Hemingway, Fitzgerald, and sexual anxiety.

Hemingway in Paris, 1924.

History tends to compare Ernest Hemingway and F. Scott Fitzgerald—and why not? As contemporaries and rivals, the two make natural foils for each other. Hemingway, we’re told, epitomizes a certain archetypal masculinity; he presented himself as a hunter, a boxer, a war veteran, and a ladies’ man; accordingly, he wrote in a spare, economical style, mostly about war, solitude, and adventure. Fitzgerald, on the other hand, we know as a social striver, someone who prided himself on his budding elitism and his (incomplete) Princeton education, who was known to have his pocket square and his hair-part always just right. He wrote about socioeconomic status in prose that was, at least next to Hemingway’s, often lyrical and adorned, and most would readily agree that he’s the more effeminate of the two. But the sexual identities of these men, formed by their peculiar childhoods and the Lost Generation artists they surrounded themselves with, weren’t as self-evident as many modern readers might think.
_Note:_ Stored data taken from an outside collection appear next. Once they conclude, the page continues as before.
-- ===== src/Iam/Oidc/Requests.antt =====
-- app/iam/service/internal/oidc: op_auth_request.go, the request and code part of
-- op_auth_storage.go, and the request validation of provider.go.
use servora_platform.Common.{
  ℕ, ◌+◌, ◌*◌, ◌^◌, String, ◌==◌, Bool, true, false, not, ◌&&◌, ◌||◌, List, [], ◌∷◌, Option, none,
  some, is_none, is_some, ltb, eqb, any, all, if◌then◌else◌,
}
use servora_platform.Iam.Schema.{OidcAuthorizationRequest}
use servora_platform.Iam.Schema.Tables.{requests, codes}
use servora_platform.Iam.Store.{
  M, ◌>>=◌, ◌>>◌, pure, raise, map_error, missing_as, when, storage_not_found, invalid_request,
  request_not_supported, invalid_scope, panicked, now, new_id, only, update, insert, delete,
}

abbrev pub second : ℕ
second = 10 ^ 9

abbrev pub minute : ℕ
minute = 60 * second

abbrev pub hour : ℕ
hour = 60 * minute

abbrev pub authorization_request_ttl : ℕ
authorization_request_ttl = 10 * minute

abbrev pub authorization_code_ttl : ℕ
authorization_code_ttl = 5 * minute

abbrev pub supported_scopes : List String
supported_scopes = "openid" ∷ "profile" ∷ "email" ∷ "offline_access" ∷ []

-- `slices.Contains`.
abbrev pub contains : List String → String → Bool
contains l s = any (λ x. x == s) l

-- ZITADEL's `oidc.AuthRequest`, with the fields that the storage reads.
pub record AuthRequest : Type 0 where
  pub client_id : String
  pub redirect_uri : String
  pub response_type : String
  pub response_mode : String
  pub scopes : List String
  pub state : String
  pub nonce : String
  pub code_challenge : String
  pub code_challenge_method : String
  pub request_param : String

unfoldable pub validate_authorization_request : Option AuthRequest → M AuthRequest
validate_authorization_request none = raise invalid_request
validate_authorization_request (some r) = do
  when (not (r.response_type == "code")) invalid_request
  when (not (r.response_mode == "") && not (r.response_mode == "query")) invalid_request
  when (r.state == "" || r.nonce == "") invalid_request
  when (r.code_challenge == "" || not (r.code_challenge_method == "S256")) invalid_request
  when (not (r.request_param == "")) request_not_supported
  when (not (contains r.scopes "openid")) invalid_scope
  when (not (all (λ s. contains supported_scopes s) r.scopes)) invalid_scope
  pure r

-- `authorizationRequest`: a stored request, with the code by which it was found.
pub record AuthorizationRequest : Type 0 where
  pub entity : OidcAuthorizationRequest
  pub authorization_code_id : String

-- The method `Done`.
unfoldable pub done : AuthorizationRequest → Bool
done r = r.entity.done && is_some r.entity.subject && is_some r.entity.auth_time

abbrev pub or_empty : Option String → String
or_empty none = ""
or_empty (some s) = s

unfoldable pub get_subject : AuthorizationRequest → String
get_subject r = or_empty r.entity.subject

-- The zero time where none is set.
unfoldable pub get_auth_time : AuthorizationRequest → ℕ
get_auth_time r = elim r.entity.auth_time [ none ↦ 0 | some t ↦ t ]

unfoldable pub get_amr : AuthorizationRequest → List String
unfolding done
get_amr r = if done r then "pwd" ∷ [] else []

abbrev unless_empty : String → Option String
unless_empty s = if s == "" then none else some s

unfoldable pub create_auth_request : Option AuthRequest → M AuthorizationRequest
unfolding validate_authorization_request
create_auth_request request = do
  r ← validate_authorization_request request
  id ← new_id
  t ← now
  entity ← insert requests (record {
    id = id;
    client_id = r.client_id;
    redirect_uri = r.redirect_uri;
    response_type = r.response_type;
    response_mode = r.response_mode;
    scopes = r.scopes;
    state = unless_empty r.state;
    nonce = unless_empty r.nonce;
    pkce_challenge = r.code_challenge;
    pkce_challenge_method = r.code_challenge_method;
    subject = none;
    iam_login_session_id = none;
    auth_time = none;
    done = false;
    expires_time = t + authorization_request_ttl;
  })
  pure (record { entity = entity; authorization_code_id = "" })

unfoldable pub auth_request_by_id : String → M AuthorizationRequest
auth_request_by_id request_id = do
  t ← now
  entity ←
      map_error (missing_as storage_not_found)
        (only requests (λ r. r.id == request_id && ltb t r.expires_time))
  pure (record { entity = entity; authorization_code_id = "" })

-- `CompleteAuthRequest` binds a login session to a pending request.
unfoldable pub complete_auth_request : String → String → String → ℕ → M (Unit {0})
complete_auth_request request_id user_id iam_session_id auth_time = do
  t ← now
  updated ←
      update requests (λ r. r.id == request_id && not r.done && ltb t r.expires_time)
        (λ r. record r {
          subject = some user_id;
          iam_login_session_id = some iam_session_id;
          auth_time = some auth_time;
          done = true;
        })
  when (not (eqb updated 1)) storage_not_found

unfoldable pub delete_auth_request : String → M (Unit {0})
delete_auth_request request_id = delete requests (λ r. r.id == request_id)

-- `*request.Subject`.
abbrev pub deref : Option String → M String
deref none = raise panicked
deref (some s) = pure s

-- The hash of `biz.HashOpaqueSecret` is a parameter.
module _ (hash_opaque_secret : String → String) where
  unfoldable pub auth_request_by_code : String → M AuthorizationRequest
  auth_request_by_code code = do
    t ← now
    code_entity ← map_error (missing_as storage_not_found) (
        only codes (λ c.
          c.code_hash == hash_opaque_secret code
          && is_none c.consumed_time
          && ltb t c.expires_time))
    request_entity ←
        map_error (missing_as storage_not_found)
          (only requests (λ r. r.id == code_entity.authorization_request_id))
    when
        (not request_entity.done
          || is_none request_entity.subject
          || is_none request_entity.auth_time)
        storage_not_found
    pure (record { entity = request_entity; authorization_code_id = code_entity.id })

  unfoldable pub save_auth_code : String → String → M (Unit {0})
  save_auth_code request_id code = do
    t ← now
    request ←
        map_error (missing_as storage_not_found)
          (only requests (λ r. r.id == request_id && r.done && ltb t r.expires_time))
    id ← new_id
    subject ← deref request.subject
    t' ← now
    _ ← insert codes (record {
      id = id;
      code_hash = hash_opaque_secret code;
      authorization_request_id = request.id;
      token_session_id = none;
      client_id = request.client_id;
      subject = subject;
      redirect_uri = request.redirect_uri;
      scopes = request.scopes;
      pkce_challenge = request.pkce_challenge;
      pkce_challenge_method = request.pkce_challenge_method;
      expires_time = t' + authorization_code_ttl;
      consumed_time = none;
    })
    pure tt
There’s a classic story of the homosexual tensions bubbling just beneath the surface between Hemingway and Fitzgerald. It takes place in the men’s room at Michaud’s, at the time an upscale brasserie in Paris. As Hemingway claims in A Moveable Feast—and claims is just the word, because his own sexual insecurities tended to manifest in an unfair emasculation of Fitzgerald—Fitzgerald told him:

“Zelda said that the way I was built I could never make any woman happy and that was what upset her originally. She said it was a matter of measurements.  I have never felt the same since she said that and I have to know truly.”

“Come out to the office,” I said.

“Where is the office?”

Le water,” I said.

We came back into the room and sat down at the table.

“You’re perfectly fine,” I said. “You are O.K.  There’s nothing wrong with you. You look at yourself from above and you look foreshortened. Go over to the Louvre and look at the people in the statues and then go home and look at yourself in the mirror in profile.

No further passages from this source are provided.